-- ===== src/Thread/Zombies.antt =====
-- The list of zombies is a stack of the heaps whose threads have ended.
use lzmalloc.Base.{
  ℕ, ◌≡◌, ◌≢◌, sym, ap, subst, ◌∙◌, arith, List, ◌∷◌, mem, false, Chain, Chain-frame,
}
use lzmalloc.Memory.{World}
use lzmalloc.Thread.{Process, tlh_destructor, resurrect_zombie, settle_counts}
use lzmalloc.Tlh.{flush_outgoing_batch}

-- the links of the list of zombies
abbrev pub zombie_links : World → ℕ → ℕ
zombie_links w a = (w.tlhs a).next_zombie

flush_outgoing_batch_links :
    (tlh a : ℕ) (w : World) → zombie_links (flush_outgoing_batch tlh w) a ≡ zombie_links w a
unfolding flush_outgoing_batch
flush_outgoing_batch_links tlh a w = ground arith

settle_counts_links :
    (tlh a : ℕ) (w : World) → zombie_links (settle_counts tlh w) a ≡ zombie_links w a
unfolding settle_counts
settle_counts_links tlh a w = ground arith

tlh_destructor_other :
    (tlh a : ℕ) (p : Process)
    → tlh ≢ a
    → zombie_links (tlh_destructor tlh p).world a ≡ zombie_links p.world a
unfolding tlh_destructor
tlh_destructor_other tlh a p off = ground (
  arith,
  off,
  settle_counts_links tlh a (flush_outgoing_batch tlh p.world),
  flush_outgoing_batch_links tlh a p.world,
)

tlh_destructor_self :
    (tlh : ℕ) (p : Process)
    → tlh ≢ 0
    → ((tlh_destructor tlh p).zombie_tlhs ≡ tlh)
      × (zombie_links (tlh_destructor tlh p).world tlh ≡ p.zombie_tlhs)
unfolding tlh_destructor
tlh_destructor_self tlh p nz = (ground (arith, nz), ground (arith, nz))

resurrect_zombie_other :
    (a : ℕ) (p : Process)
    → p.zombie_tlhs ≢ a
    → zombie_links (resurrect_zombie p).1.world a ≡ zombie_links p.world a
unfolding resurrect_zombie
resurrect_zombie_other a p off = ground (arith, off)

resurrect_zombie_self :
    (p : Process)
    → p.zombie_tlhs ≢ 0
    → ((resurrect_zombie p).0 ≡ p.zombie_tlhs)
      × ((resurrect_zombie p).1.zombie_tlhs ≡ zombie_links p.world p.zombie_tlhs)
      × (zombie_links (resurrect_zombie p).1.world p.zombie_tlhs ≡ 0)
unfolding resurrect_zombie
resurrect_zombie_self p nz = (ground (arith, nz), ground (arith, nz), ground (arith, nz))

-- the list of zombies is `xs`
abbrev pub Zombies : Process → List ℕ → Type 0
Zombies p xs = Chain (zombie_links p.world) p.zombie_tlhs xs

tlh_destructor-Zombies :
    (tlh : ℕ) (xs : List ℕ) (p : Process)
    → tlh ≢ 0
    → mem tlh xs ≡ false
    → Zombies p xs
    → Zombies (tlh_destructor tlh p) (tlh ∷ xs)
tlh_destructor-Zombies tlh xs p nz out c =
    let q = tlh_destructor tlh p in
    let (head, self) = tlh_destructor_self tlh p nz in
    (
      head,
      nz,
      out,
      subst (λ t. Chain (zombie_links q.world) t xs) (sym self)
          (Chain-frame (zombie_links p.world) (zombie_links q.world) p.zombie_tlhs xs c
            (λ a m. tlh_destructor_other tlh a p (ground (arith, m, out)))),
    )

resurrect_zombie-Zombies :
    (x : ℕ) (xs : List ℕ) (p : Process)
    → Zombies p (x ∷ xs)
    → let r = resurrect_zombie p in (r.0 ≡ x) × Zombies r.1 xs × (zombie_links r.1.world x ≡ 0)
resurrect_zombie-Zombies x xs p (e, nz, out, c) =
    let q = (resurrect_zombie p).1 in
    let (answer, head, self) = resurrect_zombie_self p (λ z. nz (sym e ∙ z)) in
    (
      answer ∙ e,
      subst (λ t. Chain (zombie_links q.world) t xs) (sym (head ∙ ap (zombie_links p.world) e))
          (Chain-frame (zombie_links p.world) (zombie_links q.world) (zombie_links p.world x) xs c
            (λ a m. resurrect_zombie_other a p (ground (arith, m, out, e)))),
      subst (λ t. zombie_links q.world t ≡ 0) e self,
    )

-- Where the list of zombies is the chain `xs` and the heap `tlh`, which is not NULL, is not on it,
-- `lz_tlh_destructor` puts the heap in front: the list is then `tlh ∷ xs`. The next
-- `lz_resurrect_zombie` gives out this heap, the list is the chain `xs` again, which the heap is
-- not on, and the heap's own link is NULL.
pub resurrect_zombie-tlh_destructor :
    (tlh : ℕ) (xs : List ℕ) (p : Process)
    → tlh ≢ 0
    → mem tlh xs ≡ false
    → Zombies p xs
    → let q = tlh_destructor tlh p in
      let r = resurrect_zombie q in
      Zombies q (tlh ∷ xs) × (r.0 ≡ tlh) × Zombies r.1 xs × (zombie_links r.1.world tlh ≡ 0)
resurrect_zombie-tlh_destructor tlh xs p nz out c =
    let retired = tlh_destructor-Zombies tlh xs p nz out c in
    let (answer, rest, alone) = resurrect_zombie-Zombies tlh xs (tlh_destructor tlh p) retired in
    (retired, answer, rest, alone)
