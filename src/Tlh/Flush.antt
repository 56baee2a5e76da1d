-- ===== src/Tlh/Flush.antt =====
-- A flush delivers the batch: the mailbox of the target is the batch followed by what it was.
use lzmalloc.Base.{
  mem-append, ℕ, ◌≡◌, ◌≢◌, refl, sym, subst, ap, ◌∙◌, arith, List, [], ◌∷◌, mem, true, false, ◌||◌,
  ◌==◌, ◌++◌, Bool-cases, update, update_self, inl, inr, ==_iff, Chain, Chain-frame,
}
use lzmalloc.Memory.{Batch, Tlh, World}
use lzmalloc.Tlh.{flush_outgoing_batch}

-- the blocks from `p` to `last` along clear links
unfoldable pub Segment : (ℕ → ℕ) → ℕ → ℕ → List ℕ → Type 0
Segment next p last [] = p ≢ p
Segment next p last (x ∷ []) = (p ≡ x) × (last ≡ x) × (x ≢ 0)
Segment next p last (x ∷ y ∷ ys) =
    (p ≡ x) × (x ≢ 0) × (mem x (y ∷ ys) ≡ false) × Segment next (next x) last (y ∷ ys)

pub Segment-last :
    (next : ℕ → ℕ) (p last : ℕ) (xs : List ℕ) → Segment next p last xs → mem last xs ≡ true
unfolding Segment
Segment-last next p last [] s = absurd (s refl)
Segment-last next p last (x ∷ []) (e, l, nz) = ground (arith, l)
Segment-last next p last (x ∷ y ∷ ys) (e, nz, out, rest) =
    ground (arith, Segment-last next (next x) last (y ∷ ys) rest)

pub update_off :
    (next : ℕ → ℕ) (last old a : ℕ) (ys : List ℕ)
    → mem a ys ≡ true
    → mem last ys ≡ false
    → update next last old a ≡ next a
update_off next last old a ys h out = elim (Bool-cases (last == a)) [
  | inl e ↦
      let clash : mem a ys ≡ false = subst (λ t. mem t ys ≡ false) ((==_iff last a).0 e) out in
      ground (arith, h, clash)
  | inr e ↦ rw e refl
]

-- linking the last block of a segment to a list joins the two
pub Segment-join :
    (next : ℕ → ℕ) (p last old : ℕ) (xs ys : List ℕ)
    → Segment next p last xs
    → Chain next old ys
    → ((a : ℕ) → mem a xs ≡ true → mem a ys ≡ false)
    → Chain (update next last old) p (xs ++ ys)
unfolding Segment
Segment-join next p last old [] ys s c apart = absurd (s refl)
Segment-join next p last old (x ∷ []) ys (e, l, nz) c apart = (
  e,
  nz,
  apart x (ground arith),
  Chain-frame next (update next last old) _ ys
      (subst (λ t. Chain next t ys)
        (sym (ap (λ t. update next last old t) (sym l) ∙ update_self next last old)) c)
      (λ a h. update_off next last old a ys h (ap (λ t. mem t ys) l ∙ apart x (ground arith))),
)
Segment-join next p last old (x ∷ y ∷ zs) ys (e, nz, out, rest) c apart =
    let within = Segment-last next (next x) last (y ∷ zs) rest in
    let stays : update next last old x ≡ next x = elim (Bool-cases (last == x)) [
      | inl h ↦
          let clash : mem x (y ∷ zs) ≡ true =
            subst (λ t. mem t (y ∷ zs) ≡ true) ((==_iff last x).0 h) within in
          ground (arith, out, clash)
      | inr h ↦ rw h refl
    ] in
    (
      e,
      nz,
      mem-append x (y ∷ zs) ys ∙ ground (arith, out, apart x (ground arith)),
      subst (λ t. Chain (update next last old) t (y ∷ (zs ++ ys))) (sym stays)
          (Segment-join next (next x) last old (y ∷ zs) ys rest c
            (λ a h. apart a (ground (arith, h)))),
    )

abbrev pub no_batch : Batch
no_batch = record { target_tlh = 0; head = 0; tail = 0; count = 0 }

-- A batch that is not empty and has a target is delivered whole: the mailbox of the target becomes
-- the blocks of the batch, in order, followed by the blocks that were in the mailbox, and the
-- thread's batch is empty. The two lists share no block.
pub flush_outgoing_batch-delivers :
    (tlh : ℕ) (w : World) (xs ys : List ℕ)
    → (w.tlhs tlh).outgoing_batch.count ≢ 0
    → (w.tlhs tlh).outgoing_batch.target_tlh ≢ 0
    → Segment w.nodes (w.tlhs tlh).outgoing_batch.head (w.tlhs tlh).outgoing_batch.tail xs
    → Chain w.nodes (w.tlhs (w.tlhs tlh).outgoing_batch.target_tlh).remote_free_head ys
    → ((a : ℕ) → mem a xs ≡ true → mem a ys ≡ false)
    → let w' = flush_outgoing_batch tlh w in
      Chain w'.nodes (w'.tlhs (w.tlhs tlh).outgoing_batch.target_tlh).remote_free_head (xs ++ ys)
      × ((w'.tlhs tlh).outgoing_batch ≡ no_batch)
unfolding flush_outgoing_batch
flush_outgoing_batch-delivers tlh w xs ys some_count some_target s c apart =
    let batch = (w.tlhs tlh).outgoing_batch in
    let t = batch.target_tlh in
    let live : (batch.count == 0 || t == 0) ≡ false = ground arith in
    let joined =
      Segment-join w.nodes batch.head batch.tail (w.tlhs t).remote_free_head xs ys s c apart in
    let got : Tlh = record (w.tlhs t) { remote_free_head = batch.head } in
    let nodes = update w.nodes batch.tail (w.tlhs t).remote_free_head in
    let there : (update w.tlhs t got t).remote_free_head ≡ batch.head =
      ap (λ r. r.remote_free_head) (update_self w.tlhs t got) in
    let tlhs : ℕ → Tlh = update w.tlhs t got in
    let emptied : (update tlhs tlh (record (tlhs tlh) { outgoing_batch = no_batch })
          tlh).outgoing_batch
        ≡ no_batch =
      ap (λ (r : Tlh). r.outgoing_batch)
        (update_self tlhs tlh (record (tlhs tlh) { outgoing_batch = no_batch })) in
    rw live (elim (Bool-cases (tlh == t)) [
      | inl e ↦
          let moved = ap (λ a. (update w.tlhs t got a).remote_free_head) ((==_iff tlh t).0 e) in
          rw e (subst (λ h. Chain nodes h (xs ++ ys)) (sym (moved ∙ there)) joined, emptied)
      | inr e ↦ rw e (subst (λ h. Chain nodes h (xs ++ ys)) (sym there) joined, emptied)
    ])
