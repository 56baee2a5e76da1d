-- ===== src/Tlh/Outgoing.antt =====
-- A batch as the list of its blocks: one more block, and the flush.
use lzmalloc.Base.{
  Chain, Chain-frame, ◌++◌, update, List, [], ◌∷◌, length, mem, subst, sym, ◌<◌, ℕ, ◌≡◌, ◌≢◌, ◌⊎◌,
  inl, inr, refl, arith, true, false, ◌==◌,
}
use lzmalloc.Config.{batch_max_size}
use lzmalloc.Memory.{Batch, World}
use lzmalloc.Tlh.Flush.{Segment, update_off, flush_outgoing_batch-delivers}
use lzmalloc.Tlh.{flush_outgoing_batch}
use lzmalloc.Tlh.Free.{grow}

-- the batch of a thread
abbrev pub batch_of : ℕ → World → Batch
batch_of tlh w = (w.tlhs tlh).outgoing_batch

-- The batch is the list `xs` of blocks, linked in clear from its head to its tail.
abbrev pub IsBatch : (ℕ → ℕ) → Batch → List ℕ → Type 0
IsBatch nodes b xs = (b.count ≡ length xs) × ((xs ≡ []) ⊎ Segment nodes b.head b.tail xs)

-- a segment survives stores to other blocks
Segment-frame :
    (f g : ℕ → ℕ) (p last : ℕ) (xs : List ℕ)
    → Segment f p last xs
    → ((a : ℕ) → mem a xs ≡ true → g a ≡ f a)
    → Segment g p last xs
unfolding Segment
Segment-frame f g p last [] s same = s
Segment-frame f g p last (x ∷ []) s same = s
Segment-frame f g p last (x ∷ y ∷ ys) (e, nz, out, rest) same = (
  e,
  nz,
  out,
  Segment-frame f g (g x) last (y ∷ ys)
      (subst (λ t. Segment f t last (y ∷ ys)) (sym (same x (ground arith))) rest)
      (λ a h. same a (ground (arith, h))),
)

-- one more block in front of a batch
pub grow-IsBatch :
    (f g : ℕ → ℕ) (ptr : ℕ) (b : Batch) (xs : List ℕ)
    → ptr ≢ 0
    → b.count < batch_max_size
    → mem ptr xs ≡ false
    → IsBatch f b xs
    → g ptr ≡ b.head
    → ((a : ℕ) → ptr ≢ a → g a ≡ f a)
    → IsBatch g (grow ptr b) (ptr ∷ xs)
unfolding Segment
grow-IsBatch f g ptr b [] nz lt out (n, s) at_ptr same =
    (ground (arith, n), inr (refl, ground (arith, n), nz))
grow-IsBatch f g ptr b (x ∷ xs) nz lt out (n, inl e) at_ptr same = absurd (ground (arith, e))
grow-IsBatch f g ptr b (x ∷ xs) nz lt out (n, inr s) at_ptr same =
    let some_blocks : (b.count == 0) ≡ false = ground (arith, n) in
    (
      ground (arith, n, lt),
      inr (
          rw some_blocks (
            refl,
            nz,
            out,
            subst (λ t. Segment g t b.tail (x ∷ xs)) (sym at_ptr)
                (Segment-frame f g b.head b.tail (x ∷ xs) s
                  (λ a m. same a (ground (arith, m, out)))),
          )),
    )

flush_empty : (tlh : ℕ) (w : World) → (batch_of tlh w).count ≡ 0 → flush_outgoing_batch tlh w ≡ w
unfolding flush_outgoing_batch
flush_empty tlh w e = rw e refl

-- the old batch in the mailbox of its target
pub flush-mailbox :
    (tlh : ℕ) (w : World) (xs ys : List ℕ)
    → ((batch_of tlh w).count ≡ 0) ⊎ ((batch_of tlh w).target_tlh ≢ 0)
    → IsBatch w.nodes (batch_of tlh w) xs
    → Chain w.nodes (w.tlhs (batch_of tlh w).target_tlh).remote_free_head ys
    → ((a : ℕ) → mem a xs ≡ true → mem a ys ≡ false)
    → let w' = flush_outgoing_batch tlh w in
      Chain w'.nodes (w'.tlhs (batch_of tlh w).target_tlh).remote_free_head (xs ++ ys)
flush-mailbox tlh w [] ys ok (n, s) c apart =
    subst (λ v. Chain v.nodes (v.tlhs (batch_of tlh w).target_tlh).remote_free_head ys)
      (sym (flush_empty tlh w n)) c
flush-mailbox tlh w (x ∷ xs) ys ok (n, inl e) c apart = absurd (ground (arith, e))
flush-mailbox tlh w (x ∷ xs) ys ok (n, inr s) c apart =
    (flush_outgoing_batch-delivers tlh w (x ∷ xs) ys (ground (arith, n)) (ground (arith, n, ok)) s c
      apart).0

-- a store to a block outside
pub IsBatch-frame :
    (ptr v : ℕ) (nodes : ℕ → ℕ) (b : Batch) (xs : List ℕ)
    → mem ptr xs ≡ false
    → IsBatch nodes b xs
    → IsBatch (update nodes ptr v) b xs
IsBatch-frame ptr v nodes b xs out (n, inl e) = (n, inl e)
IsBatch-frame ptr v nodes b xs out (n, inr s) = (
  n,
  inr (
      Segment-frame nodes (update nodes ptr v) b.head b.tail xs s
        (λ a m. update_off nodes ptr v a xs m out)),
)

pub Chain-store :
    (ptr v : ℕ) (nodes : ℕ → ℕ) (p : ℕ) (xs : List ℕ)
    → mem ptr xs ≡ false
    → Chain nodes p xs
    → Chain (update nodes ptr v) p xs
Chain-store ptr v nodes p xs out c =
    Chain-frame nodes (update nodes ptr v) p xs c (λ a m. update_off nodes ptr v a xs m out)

********

* Problem description: Copy out every line of the data where the word "that" occurs.

* Reply:
-- A batch that is not empty and has a target is delivered whole: the mailbox of the target becomes
-- the blocks of the batch, in order, followed by the blocks that were in the mailbox, and the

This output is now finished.